▸ Assigned task
Go through the records and show each line where the word "first" occurs.

▸ Data shown
━━━━━━
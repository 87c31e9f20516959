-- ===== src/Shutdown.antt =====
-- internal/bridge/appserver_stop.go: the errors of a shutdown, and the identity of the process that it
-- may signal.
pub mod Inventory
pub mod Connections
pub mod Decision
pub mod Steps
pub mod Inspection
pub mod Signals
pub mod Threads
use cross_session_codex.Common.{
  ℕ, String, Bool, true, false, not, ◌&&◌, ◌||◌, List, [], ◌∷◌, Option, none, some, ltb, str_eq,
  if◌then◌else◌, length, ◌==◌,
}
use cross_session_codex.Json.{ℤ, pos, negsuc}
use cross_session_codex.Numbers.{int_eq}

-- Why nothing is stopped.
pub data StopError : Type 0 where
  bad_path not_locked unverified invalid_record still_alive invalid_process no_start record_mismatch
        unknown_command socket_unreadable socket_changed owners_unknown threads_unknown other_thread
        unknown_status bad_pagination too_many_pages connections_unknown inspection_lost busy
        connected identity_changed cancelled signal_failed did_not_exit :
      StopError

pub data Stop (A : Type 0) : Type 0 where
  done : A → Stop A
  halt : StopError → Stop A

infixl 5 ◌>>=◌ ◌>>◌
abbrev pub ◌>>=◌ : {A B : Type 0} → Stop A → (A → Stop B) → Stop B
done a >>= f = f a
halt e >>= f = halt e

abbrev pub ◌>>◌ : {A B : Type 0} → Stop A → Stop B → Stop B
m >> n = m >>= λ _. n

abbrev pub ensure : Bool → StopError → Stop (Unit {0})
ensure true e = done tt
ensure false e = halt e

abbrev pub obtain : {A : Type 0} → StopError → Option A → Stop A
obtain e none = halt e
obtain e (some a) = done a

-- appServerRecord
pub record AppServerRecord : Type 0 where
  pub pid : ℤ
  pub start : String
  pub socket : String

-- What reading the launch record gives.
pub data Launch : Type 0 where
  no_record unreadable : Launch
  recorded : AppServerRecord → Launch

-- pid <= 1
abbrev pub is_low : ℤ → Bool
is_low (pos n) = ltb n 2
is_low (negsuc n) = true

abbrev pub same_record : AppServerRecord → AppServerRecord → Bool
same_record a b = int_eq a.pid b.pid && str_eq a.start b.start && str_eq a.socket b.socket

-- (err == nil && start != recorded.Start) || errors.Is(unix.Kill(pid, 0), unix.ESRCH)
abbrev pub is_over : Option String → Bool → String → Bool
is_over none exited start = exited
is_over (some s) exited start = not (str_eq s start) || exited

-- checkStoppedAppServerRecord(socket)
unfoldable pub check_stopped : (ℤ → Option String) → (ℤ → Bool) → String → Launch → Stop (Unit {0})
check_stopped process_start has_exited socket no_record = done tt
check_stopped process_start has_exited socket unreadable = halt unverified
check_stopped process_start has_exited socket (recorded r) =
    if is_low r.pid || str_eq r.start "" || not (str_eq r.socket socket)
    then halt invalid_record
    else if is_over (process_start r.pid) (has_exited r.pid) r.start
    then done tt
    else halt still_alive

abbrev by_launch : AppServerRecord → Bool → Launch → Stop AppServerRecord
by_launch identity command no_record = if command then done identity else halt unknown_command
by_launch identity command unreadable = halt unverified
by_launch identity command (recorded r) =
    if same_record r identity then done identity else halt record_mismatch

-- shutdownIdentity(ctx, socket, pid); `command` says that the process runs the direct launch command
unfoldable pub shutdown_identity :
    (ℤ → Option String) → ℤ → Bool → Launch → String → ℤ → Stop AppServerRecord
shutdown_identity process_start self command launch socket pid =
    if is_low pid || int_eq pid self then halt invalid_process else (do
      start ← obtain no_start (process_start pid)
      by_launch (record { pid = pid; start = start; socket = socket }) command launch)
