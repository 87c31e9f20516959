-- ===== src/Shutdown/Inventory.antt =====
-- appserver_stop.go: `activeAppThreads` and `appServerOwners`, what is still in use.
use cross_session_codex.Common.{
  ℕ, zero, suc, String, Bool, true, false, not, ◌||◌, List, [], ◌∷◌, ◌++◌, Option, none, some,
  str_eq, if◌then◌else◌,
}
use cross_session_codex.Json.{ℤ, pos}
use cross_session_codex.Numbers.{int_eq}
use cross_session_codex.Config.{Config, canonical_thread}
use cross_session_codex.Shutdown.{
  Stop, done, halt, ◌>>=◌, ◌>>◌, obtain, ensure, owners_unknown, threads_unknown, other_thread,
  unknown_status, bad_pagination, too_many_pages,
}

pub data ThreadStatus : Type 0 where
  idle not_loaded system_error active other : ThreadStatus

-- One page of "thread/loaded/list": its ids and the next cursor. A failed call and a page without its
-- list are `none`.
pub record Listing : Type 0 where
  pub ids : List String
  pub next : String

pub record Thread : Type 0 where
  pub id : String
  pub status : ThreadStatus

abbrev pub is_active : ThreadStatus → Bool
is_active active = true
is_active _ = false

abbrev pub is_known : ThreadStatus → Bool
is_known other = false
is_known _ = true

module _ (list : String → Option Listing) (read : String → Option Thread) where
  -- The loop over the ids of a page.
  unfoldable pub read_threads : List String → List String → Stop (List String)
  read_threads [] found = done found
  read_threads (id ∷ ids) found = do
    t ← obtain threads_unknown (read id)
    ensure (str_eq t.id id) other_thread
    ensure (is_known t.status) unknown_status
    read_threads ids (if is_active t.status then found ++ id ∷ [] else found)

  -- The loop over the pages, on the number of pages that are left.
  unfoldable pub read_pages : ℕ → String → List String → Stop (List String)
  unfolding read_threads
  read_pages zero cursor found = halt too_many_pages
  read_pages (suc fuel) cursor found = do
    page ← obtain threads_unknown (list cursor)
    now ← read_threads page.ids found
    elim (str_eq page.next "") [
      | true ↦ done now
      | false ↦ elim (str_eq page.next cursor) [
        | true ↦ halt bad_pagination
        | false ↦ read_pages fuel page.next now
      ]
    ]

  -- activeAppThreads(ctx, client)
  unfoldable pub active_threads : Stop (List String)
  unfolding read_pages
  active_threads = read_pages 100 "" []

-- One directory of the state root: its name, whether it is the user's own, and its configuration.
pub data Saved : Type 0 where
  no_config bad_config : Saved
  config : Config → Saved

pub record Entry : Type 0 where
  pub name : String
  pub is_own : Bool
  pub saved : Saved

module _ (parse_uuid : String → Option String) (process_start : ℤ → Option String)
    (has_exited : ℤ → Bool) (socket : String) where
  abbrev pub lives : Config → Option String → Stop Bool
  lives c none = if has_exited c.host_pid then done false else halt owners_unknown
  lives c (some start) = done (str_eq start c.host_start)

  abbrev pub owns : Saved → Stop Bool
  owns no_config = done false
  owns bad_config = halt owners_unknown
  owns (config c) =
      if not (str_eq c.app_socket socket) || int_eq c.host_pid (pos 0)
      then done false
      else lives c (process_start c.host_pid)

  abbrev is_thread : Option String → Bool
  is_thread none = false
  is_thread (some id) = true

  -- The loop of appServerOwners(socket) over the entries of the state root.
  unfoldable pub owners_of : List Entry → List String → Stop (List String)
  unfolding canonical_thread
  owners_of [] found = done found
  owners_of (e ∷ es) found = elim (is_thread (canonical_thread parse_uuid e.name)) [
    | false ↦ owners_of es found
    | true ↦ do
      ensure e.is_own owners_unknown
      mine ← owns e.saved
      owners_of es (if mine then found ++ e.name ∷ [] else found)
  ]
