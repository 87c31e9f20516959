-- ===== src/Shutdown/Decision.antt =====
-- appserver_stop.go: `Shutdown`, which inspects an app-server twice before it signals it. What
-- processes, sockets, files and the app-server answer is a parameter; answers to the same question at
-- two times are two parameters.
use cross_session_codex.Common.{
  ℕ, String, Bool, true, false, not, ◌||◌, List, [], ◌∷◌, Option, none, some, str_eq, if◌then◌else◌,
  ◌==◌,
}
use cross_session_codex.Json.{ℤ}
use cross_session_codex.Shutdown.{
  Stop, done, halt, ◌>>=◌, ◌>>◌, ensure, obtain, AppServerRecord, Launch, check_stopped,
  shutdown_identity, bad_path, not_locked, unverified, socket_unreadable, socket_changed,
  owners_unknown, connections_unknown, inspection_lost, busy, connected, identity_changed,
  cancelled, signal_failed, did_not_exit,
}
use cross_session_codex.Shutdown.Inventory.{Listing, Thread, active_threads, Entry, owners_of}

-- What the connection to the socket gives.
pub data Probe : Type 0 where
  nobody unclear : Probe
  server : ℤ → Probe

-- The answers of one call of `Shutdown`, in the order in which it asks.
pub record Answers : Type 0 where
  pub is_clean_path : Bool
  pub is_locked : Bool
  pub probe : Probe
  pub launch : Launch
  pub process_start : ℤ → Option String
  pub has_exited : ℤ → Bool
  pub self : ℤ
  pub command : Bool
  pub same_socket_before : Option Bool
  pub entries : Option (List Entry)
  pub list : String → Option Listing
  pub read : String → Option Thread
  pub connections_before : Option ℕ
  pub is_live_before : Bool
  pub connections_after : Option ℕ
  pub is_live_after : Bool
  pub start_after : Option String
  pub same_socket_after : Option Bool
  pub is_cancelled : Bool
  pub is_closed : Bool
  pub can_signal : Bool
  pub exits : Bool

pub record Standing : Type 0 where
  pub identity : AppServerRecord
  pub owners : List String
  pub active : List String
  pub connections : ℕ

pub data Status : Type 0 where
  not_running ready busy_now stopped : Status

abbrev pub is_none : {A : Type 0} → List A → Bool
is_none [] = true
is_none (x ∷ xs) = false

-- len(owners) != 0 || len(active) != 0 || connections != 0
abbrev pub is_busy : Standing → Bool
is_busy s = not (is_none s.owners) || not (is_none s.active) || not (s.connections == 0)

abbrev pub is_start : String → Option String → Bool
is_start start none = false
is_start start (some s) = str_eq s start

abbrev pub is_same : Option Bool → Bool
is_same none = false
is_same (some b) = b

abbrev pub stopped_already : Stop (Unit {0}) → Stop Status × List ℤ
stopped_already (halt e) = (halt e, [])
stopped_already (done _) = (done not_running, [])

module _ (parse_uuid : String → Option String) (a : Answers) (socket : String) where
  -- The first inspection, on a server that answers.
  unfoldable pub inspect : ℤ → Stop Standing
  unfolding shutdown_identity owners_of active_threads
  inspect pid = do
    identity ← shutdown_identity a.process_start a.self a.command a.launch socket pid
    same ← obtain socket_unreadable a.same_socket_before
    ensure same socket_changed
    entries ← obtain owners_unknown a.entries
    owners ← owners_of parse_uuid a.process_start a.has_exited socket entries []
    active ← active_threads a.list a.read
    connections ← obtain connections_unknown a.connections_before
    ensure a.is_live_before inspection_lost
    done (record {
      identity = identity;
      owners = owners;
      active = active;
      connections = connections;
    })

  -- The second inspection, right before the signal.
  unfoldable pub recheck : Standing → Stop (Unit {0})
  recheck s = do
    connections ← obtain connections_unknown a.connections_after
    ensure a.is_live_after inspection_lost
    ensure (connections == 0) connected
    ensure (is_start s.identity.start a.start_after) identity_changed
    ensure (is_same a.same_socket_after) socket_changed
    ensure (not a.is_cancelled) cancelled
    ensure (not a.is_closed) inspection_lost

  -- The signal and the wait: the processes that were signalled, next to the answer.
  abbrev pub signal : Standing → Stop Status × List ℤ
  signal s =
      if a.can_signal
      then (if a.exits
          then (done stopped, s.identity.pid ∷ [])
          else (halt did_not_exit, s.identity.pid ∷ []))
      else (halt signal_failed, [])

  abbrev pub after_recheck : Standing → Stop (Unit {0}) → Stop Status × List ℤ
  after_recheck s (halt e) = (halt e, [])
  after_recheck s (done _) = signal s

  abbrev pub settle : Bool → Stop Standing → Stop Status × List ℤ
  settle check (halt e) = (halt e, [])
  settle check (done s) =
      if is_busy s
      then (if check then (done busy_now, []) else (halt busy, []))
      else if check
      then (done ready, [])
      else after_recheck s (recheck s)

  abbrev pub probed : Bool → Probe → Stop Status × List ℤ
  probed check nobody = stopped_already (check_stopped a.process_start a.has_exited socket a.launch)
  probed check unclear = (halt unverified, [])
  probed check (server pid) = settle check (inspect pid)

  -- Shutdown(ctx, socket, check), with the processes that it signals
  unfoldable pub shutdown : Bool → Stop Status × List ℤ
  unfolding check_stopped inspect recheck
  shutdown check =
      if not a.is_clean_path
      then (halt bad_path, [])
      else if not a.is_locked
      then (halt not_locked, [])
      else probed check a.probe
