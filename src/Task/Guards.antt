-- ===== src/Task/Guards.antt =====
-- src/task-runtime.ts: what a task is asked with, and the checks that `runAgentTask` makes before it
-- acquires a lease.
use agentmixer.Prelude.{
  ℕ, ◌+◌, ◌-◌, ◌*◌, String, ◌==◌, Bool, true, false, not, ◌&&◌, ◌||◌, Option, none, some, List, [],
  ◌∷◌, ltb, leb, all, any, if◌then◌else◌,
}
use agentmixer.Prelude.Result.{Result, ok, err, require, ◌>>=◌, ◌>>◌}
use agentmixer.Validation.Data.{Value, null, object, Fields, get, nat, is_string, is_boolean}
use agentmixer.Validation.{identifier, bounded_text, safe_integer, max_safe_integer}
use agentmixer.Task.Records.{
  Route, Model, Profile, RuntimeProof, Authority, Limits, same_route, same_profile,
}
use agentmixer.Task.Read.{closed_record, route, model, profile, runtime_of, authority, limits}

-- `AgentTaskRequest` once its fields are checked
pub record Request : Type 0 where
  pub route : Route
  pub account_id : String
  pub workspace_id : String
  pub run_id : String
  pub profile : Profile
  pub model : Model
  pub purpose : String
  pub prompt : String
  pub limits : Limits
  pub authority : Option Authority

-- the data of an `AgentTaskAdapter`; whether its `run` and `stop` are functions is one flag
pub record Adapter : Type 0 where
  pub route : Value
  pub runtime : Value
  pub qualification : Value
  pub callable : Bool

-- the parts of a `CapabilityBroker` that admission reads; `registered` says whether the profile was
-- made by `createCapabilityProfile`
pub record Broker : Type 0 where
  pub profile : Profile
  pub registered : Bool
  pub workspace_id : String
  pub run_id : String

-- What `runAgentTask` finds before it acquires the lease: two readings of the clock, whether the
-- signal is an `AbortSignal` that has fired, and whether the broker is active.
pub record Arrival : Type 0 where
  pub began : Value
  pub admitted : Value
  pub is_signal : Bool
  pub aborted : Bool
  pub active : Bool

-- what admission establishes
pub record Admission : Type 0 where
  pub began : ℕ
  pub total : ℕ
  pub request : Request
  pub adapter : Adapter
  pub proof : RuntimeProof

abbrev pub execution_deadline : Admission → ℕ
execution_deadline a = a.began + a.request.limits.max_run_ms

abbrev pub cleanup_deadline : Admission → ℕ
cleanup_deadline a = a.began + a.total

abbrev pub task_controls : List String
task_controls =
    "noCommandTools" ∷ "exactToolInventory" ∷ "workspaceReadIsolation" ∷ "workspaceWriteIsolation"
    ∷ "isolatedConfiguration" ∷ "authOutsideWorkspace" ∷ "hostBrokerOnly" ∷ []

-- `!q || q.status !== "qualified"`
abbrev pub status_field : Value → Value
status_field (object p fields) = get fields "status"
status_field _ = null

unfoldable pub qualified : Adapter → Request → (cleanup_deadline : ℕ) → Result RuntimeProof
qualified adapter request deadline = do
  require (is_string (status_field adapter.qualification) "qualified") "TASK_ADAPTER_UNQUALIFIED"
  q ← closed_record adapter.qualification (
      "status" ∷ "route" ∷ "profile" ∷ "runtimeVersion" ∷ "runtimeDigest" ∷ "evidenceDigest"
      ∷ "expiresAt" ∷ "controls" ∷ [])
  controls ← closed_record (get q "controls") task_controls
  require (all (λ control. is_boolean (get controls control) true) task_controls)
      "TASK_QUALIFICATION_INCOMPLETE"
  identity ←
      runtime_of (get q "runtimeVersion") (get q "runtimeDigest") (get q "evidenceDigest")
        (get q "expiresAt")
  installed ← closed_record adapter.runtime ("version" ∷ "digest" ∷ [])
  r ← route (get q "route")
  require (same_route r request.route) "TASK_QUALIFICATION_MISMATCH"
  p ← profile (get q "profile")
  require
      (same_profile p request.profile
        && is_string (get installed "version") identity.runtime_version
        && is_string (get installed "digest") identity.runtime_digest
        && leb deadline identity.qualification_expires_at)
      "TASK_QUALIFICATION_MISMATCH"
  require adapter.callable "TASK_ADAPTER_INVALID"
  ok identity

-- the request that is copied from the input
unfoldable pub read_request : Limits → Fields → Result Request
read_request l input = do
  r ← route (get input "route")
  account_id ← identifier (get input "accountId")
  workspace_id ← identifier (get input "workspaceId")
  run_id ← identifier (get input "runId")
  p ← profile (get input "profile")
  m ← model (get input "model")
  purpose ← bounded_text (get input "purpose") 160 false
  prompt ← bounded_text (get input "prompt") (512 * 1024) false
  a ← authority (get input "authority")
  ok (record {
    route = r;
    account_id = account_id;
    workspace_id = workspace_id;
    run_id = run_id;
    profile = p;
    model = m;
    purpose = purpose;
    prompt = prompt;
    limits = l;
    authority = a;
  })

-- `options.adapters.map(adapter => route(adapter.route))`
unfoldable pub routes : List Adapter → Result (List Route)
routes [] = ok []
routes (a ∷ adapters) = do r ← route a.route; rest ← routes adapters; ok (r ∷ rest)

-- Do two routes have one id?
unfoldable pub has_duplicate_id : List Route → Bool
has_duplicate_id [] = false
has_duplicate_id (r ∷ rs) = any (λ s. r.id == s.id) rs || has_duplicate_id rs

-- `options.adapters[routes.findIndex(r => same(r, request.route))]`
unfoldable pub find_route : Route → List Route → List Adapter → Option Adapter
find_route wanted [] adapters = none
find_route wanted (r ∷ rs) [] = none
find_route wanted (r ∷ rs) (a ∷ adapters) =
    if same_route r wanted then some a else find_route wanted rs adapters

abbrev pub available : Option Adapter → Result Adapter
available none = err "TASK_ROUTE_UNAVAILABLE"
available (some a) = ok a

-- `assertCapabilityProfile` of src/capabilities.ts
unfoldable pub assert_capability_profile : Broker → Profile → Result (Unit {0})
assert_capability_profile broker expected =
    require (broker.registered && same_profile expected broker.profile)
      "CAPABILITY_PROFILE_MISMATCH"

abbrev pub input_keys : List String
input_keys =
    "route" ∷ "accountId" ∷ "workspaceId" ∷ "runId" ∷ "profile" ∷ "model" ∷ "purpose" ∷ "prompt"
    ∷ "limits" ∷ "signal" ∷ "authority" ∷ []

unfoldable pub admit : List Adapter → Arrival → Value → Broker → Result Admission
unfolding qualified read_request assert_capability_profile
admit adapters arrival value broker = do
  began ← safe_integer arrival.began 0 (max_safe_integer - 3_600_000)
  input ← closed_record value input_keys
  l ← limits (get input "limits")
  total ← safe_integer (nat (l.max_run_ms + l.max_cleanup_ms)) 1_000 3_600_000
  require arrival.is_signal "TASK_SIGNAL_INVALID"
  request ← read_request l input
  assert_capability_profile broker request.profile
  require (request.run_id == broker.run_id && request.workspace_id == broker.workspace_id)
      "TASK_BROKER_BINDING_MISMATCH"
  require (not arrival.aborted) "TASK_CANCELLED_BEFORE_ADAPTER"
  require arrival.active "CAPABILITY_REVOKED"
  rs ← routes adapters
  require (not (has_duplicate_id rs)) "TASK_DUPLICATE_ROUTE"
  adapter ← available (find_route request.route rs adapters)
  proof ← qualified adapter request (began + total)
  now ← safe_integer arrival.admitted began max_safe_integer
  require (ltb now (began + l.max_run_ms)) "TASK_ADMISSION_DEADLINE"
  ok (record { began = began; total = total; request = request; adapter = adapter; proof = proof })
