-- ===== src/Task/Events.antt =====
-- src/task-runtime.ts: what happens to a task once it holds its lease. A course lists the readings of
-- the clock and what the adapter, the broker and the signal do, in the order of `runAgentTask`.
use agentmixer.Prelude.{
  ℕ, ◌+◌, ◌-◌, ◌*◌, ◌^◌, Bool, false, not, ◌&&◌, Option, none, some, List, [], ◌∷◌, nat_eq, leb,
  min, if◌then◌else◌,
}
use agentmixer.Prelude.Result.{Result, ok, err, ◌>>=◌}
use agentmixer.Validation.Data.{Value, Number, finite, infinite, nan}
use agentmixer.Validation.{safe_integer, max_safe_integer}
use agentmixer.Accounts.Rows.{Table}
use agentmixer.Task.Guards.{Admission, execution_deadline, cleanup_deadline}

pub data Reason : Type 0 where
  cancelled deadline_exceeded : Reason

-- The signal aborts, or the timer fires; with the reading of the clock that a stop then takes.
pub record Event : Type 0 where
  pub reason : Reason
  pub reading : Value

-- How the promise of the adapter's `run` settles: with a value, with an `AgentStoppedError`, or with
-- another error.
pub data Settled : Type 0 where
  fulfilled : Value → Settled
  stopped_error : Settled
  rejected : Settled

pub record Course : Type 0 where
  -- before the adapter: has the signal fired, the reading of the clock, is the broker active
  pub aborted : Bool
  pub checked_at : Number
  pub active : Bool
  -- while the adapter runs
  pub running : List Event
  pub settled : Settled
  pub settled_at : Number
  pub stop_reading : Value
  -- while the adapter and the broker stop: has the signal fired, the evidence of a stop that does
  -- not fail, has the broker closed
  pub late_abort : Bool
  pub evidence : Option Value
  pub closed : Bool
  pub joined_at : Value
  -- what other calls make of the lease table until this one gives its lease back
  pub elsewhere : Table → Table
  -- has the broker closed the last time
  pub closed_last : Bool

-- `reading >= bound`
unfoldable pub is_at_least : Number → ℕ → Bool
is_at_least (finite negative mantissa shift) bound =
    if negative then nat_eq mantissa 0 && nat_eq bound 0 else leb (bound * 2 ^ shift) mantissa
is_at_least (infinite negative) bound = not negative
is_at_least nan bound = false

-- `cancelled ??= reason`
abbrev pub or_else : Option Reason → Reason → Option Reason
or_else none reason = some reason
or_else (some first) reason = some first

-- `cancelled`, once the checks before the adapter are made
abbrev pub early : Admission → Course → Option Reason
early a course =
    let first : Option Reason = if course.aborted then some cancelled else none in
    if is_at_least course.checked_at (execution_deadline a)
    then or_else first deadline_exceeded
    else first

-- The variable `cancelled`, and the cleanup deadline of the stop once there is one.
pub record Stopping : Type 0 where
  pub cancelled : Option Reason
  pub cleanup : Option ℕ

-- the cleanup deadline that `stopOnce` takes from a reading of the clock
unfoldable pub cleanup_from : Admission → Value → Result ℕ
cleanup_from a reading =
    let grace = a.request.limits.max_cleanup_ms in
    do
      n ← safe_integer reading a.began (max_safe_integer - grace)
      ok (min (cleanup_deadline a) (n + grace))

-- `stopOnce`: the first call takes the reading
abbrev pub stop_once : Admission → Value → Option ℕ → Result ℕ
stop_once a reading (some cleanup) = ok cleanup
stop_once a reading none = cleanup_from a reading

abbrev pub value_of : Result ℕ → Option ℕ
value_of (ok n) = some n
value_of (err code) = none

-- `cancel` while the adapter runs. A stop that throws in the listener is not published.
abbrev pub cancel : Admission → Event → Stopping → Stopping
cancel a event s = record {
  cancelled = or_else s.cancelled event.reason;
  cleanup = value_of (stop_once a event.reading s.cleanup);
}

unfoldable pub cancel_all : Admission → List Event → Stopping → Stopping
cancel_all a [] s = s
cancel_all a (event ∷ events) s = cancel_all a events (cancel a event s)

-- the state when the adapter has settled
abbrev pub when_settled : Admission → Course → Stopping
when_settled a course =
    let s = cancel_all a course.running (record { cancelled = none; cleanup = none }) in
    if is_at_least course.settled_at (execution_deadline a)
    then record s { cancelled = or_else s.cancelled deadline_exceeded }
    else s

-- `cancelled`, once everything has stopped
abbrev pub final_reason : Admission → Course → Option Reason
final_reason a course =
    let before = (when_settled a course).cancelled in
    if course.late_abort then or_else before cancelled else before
━━━━━━
▸ Response to this exercise
  -- The first inspection, on a server that answers.
or_else (some first) reason = some first
    let first : Option Reason = if course.aborted then some cancelled else none in
    then or_else first deadline_exceeded
    else first
-- `stopOnce`: the first call takes the reading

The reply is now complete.